Though just under 90 minutes, the film falters with pacing. The story rarely progresses further than exchanged glances, lots of sleeping, and a few, tense, cold moments. The couple never looks to be in serious danger. Yes, they’re getting colder––that much is obvious––but they’re not losing their sanity fast enough. It makes the story sweeter, to see that their love won’t fade due to a bit of hypothermia, but it doesn’t make for an interesting film. Short of intensity and horror, once we understand the circumstances, our investment stops there with these characters. 

With a lack of background, minimal dialogue, and days starting to pass by, the film becomes a series of events with little emotional impact to be had. The cold doesn’t seem that unbearable. Matt and Naomi look undernourished and dehydrated, but their bodies contain enough energy to yell at one another, to take off their beanies and rub their heads in disgust, to smash a window and attempt to dig at the ice. The concept ends up being more interesting than the execution. The performances do a serviceable job with the script, but neither actor stands out amongst the layers of jackets and sweaters. 

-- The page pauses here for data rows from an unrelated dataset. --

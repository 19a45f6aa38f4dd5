-- ===== src/Encoder/Emits.antt =====
-- internal/coder/encoder.go against the wire format: what reaches the writer, on success and when
-- the writer fails on the way.
use xdr.Prelude.{
  ℕ, zero, suc, ◌-◌, ◌%◌, ◌^◌, ◌≤◌, ◌<◌, ◌≡◌, refl, ◌∙◌, Bool, Option, none, some, List, ◌++◌,
  append_assoc, bit_and, if◌then◌else◌, length, take, replicate, arith, le→ltb,
}
use xdr.Prelude.Bits.{and_three}
use xdr.Errors.{Err}
use xdr.Io.{Writer, Written, Encode, done, failed, aborted, returning, ◌>>◌, then_write}
use xdr.Encoder.{
  max_uint32, pad, padding, write_bytes, encode_int, encode_unsigned_int, encode_bool, encode_hyper,
  encode_unsigned_hyper, encode_fixed_opaque, encode_opaque, write_text, encode_fixed_string,
  encode_string, encode_float, encode_double,
}
use xdr.Encoder.Wire.{big_endian, residual, padded, counted}

-- `bs` went to the writer; where the call failed, some front part of it did. `MayFail` is empty for
-- a writer that has no errors. The writer has come to a later state in either case.
abbrev pub EmitsAt :
    {W : Type 0} → Type 0 → (W → List ℕ) → (W → W → Type 0) → List ℕ → W → Written W → Type 0
EmitsAt MayFail content Later bs w (done w') = (content w' ≡ content w ++ bs) × Later w w'
EmitsAt MayFail content Later bs w (failed e w') =
    (allowed : MayFail) × (front : List ℕ) × (back : List ℕ) × (front ++ back ≡ bs)
    × (content w' ≡ content w ++ front)
    × Later w w'
EmitsAt MayFail content Later bs w (aborted a) = ⊥

-- What the documentation of `io.Writer` promises: a write without an error has taken all bytes, a
-- write with an error the first few. `content` is all that the writer has taken so far, and `Later`
-- is what else holds between the writer before and after a write.
pub record WriterLaws (W MayFail : Type 0) ⦃io : Writer W⦄ : Type 1 where
  pub content : W → List ℕ
  pub Later : W → W → Type 0
  pub later_refl : (w : W) → Later w w
  pub later_trans : (u v w : W) → Later u v → Later v w → Later u w
  pub write_law :
      (bs : List ℕ) (w : W) → EmitsAt MayFail content Later bs w (returning (io.write bs w))
  pub write_string_law :
      (ws : List ℕ → W → Option Err × W)
      → io.write_string ≡ some ws
      → (s : List ℕ) (w : W) → EmitsAt MayFail content Later s w (returning (ws s w))

pub padding_lem : (n : ℕ) → padding n ≡ residual n
unfolding padding
padding_lem n = omega (arith, and_three n, and_three (4 - bit_and n 3))

take-pad : (k : ℕ) → k < 4 → take k pad ≡ replicate k 0
take-pad zero h = refl
take-pad (suc zero) h = refl
take-pad (suc (suc zero)) h = refl
take-pad (suc (suc (suc zero))) h = refl
take-pad (suc (suc (suc (suc k)))) h = absurd (omega arith)

-- The code's padding is the format's.
pub padding-residual : (n : ℕ) → take (padding n) pad ≡ replicate (residual n) 0
padding-residual n = rw padding_lem (take-pad (residual n) (omega arith))

within : (bs : List ℕ) → length bs ≤ max_uint32 → length bs % 2 ^ 32 ≡ length bs
within bs h = omega arith

pub then_write-EmitsAt :
    {W : Type 0} (MayFail : Type 0) (content : W → List ℕ) (Later : W → W → Type 0)
    (trans : (u v w : W) → Later u v → Later v w → Later u w) (n : Encode W) (bs cs : List ℕ)
    (w : W) (r : Written W)
    → EmitsAt MayFail content Later bs w r
    → ((w : W) → EmitsAt MayFail content Later cs w (n w))
    → EmitsAt MayFail content Later (bs ++ cs) w (then_write n r)
then_write-EmitsAt {W = W} MayFail content Later trans n bs cs w (done w') (h, l) k =
    shift (n w') (k w')
  where
    shift :
        (r : Written W)
        → EmitsAt MayFail content Later cs w' r
        → EmitsAt MayFail content Later (bs ++ cs) w r
    shift (done v) (q, m) = (q ∙ rw (h, append_assoc), trans w w' v l m)
    shift (failed e v) (f, front, back, p, q, m) =
        (f, bs ++ front, back, rw (append_assoc, p), q ∙ rw (h, append_assoc), trans w w' v l m)
    shift (aborted a) q = q
then_write-EmitsAt MayFail content Later trans n bs cs w (failed e w') (f, front, back, p, q, l) k =
    (f, front, back ++ cs, rw (← append_assoc, p), q, l)
then_write-EmitsAt MayFail content Later trans n bs cs w (aborted a) h k = absurd h

module _ {W MayFail : Type 0} ⦃io : Writer W⦄ (laws : WriterLaws W MayFail) where
  open laws use {content, Later, later_trans, write_law, write_string_law}

  abbrev pub Emits : Encode W → List ℕ → Type 0
  Emits m bs = (w : W) → EmitsAt MayFail content Later bs w (m w)

  -- A writer that has no errors takes everything.
  pub Emits-done :
      (m : Encode W) (bs : List ℕ)
      → ¬ MayFail
      → Emits m bs
      → (w : W) → (w' : W) × (m w ≡ done w') × (content w' ≡ content w ++ bs)
  Emits-done m bs reliable h w = go (m w) refl (h w)
    where
      go :
          (r : Written W)
          → m w ≡ r
          → EmitsAt MayFail content Later bs w r
          → (w' : W) × (m w ≡ done w') × (content w' ≡ content w ++ bs)
      go (done w') e q = (w', e, q.0)
      go (failed x w') e q = absurd (reliable q.0)
      go (aborted a) e q = absurd q

  pub >>-Emits :
      (m n : Encode W) (bs cs : List ℕ) → Emits m bs → Emits n cs → Emits (m >> n) (bs ++ cs)
  >>-Emits m n bs cs h k w =
      then_write-EmitsAt MayFail content Later later_trans n bs cs w (m w) (h w) k

  pub write_bytes-Emits : (bs : List ℕ) → Emits (write_bytes bs) bs
  unfolding write_bytes
  write_bytes-Emits bs w = write_law bs w

  write_text-Emits : (s : List ℕ) → Emits (write_text s) s
  unfolding write_text
  write_text-Emits s w = by_writer io.write_string refl
    where
      by_writer :
          (o : Option (List ℕ → W → Option Err × W))
          → io.write_string ≡ o
          → EmitsAt MayFail content Later s w (elim o [
            | none ↦ returning (io.write s w)
            | some write_string ↦ returning (write_string s w)
          ])
      by_writer none e = write_law s w
      by_writer (some ws) e = write_string_law ws e s w

  pub encode_int-Emits : (i : ℕ) → Emits (encode_int i) (big_endian 4 i)
  unfolding encode_int
  encode_int-Emits i = write_bytes-Emits _

  pub encode_unsigned_int-Emits : (i : ℕ) → Emits (encode_unsigned_int i) (big_endian 4 i)
  unfolding encode_unsigned_int
  encode_unsigned_int-Emits i = encode_int-Emits i

  pub encode_bool-Emits : (b : Bool) → Emits (encode_bool b) (big_endian 4 (if b then 1 else 0))
  unfolding encode_bool
  encode_bool-Emits b = encode_int-Emits _

  pub encode_hyper-Emits : (i : ℕ) → Emits (encode_hyper i) (big_endian 8 i)
  unfolding encode_hyper
  encode_hyper-Emits i = write_bytes-Emits _

  pub encode_unsigned_hyper-Emits : (i : ℕ) → Emits (encode_unsigned_hyper i) (big_endian 8 i)
  unfolding encode_unsigned_hyper
  encode_unsigned_hyper-Emits i = encode_hyper-Emits i

  pub encode_float-Emits : (bits : ℕ) → Emits (encode_float bits) (big_endian 4 bits)
  unfolding encode_float
  encode_float-Emits bits = encode_unsigned_int-Emits bits

  pub encode_double-Emits : (bits : ℕ) → Emits (encode_double bits) (big_endian 8 bits)
  unfolding encode_double
  encode_double-Emits bits = encode_unsigned_hyper-Emits bits

  pub encode_fixed_opaque-Emits : (buf : List ℕ) → Emits (encode_fixed_opaque buf) (padded buf)
  unfolding encode_fixed_opaque
  encode_fixed_opaque-Emits buf =
      rw (← padding-residual (length buf))
        (>>-Emits _ _ buf _ (write_bytes-Emits buf) (write_bytes-Emits _))

  pub encode_fixed_string-Emits : (s : List ℕ) → Emits (encode_fixed_string s) (padded s)
  unfolding encode_fixed_string
  encode_fixed_string-Emits s =
      rw (← padding-residual (length s))
        (>>-Emits _ _ s _ (write_text-Emits s) (write_bytes-Emits _))

  pub encode_opaque-Emits :
      (buf : List ℕ) → length buf ≤ max_uint32 → Emits (encode_opaque buf) (counted buf)
  unfolding encode_opaque
  encode_opaque-Emits buf h =
      rw (le→ltb max_uint32 (length buf) h, within buf h)
        (>>-Emits _ _ (big_endian 4 (length buf)) _ (encode_unsigned_int-Emits (length buf))
          (encode_fixed_opaque-Emits buf))

  pub encode_string-Emits :
      (s : List ℕ) → length s ≤ max_uint32 → Emits (encode_string s) (counted s)
  unfolding encode_string
  encode_string-Emits s h =
      rw (le→ltb max_uint32 (length s) h, within s h)
        (>>-Emits _ _ (big_endian 4 (length s)) _ (encode_unsigned_int-Emits (length s))
          (encode_fixed_string-Emits s))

The film ends up whimpering through its third act. Much like its characters, the story loses resonance as it goes on, and the climax manages to be an inevitable need for finality, without feeling earned by characters and audiences alike. Conceptually, a film set in a car buried underneath snow and ice sounds interesting. There are flashes of excitement, such as the intimate moment another person enters the vehicle, but these are sandwiched between long stretches of monotony. Getting stuck in a car with little food and water for weeks sounds tedious due to its repetitive and unvaried nature, and the film unfortunately follows suit. In that specific way, it’s a triumph. 

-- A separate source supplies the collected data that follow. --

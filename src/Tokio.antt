-- ===== src/Tokio.antt =====
-- What the code relies on of tokio: a bounded channel of jobs, a semaphore, and one-shot channels.
-- tokio is not part of the repository, so its values and operations are parameters, with the
-- documented laws that the proofs use.
pub mod Lists
use agentq.Prelude.{ℕ, suc, ◌≤◌, ◌≡◌, ◌≢◌, Bool, List, [], ◌∷◌, ◌++◌, Option, none, some, length}
use agentq.Text.{Text}
use agentq.Job.{Job, Outcome}

-- The answer to a `send` that is polled once; a full channel leaves it waiting.
pub data Sent (C : Type 0) : Type 0 where
  accepted : C → Sent C
  full : Sent C
  closed : Sent C

-- A one-shot receiver: nothing yet, a value, or a sender that was dropped.
pub data Poll : Type 0 where
  unresolved : Poll
  resolved : Outcome → Poll
  dropped : Poll

-- `C` are the bounded channels, `M` the semaphores, and `H` the state of all one-shot channels,
-- which are known by numbers.
pub record Tokio (C M H : Type 0) : Type 0 where
  pub channel : ℕ → C
  pub send : Job → C → Sent C
  -- `Display` of `mpsc::error::SendError`
  pub send_error : Text
  pub recv : C → Option (Job × C)
  pub semaphore : ℕ → M
  pub acquire : M → Option M
  pub release : M → M
  pub no_oneshots : H
  pub oneshot : H → ℕ × H
  pub resolve : ℕ → Outcome → H → H
  pub drop_sender : ℕ → H → H
  pub poll : ℕ → H → Poll
  -- The jobs that were sent and not yet received, in order.
  pub contents : C → List Job
  pub permits : M → ℕ
  pub contents-channel : (n : ℕ) → contents (channel n) ≡ []
  pub contents-send :
      (j : Job) (c c' : C) → send j c ≡ accepted c' → contents c' ≡ contents c ++ j ∷ []
  pub contents-recv : (c c' : C) (j : Job) → recv c ≡ some (j, c') → contents c ≡ j ∷ contents c'
  pub permits-semaphore : (n : ℕ) → permits (semaphore n) ≡ n
  pub permits-acquire : (m m' : M) → acquire m ≡ some m' → permits m ≡ suc (permits m')
  pub permits-release : (m : M) → permits (release m) ≡ suc (permits m)
  -- A fresh channel has no value; the others are as before.
  pub poll-oneshot : (h : H) → poll (oneshot h).0 (oneshot h).1 ≡ unresolved
  pub poll-oneshot_ne : (i : ℕ) (h : H) → i ≢ (oneshot h).0 → poll i (oneshot h).1 ≡ poll i h
  -- A value is kept by the first send, and a channel without a value by the drop of its sender.
  pub poll-resolve :
      (i : ℕ) (o : Outcome) (h : H) → poll i h ≡ unresolved → poll i (resolve i o h) ≡ resolved o
  pub poll-resolve_ne : (i j : ℕ) (o : Outcome) (h : H) → i ≢ j → poll i (resolve j o h) ≡ poll i h
  pub poll-drop_sender :
      (i : ℕ) (h : H) → poll i h ≡ unresolved → poll i (drop_sender i h) ≡ dropped
  -- A channel that has its value, or has lost its sender, stays as it is.
  pub poll-resolve_settled :
      (i : ℕ) (o : Outcome) (h : H) → poll i h ≢ unresolved → poll i (resolve i o h) ≡ poll i h
  pub poll-drop_sender_settled :
      (i : ℕ) (h : H) → poll i h ≢ unresolved → poll i (drop_sender i h) ≡ poll i h
  -- A new channel is none of those that wait.
  pub poll-no_oneshots : (i : ℕ) → poll i no_oneshots ≢ unresolved
  pub oneshot-fresh : (h : H) → poll (oneshot h).0 h ≢ unresolved
  pub poll-drop_sender_ne : (i j : ℕ) (h : H) → i ≢ j → poll i (drop_sender j h) ≡ poll i h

As a first feature, Walsh crafted a film with more potential than successful implementation. It’s incredible that this couple could survive these circumstances. Centigrade makes their journey a flat, uninspired experience, one with less difficulty, conflict, or danger than expected. For some, that might be enough, due to the runtime, performances, and setup. For most, though, this story will be a simple lesson to not pull off the road in the middle of the night during a blizzard.

Centigrade opens on Friday, August 28.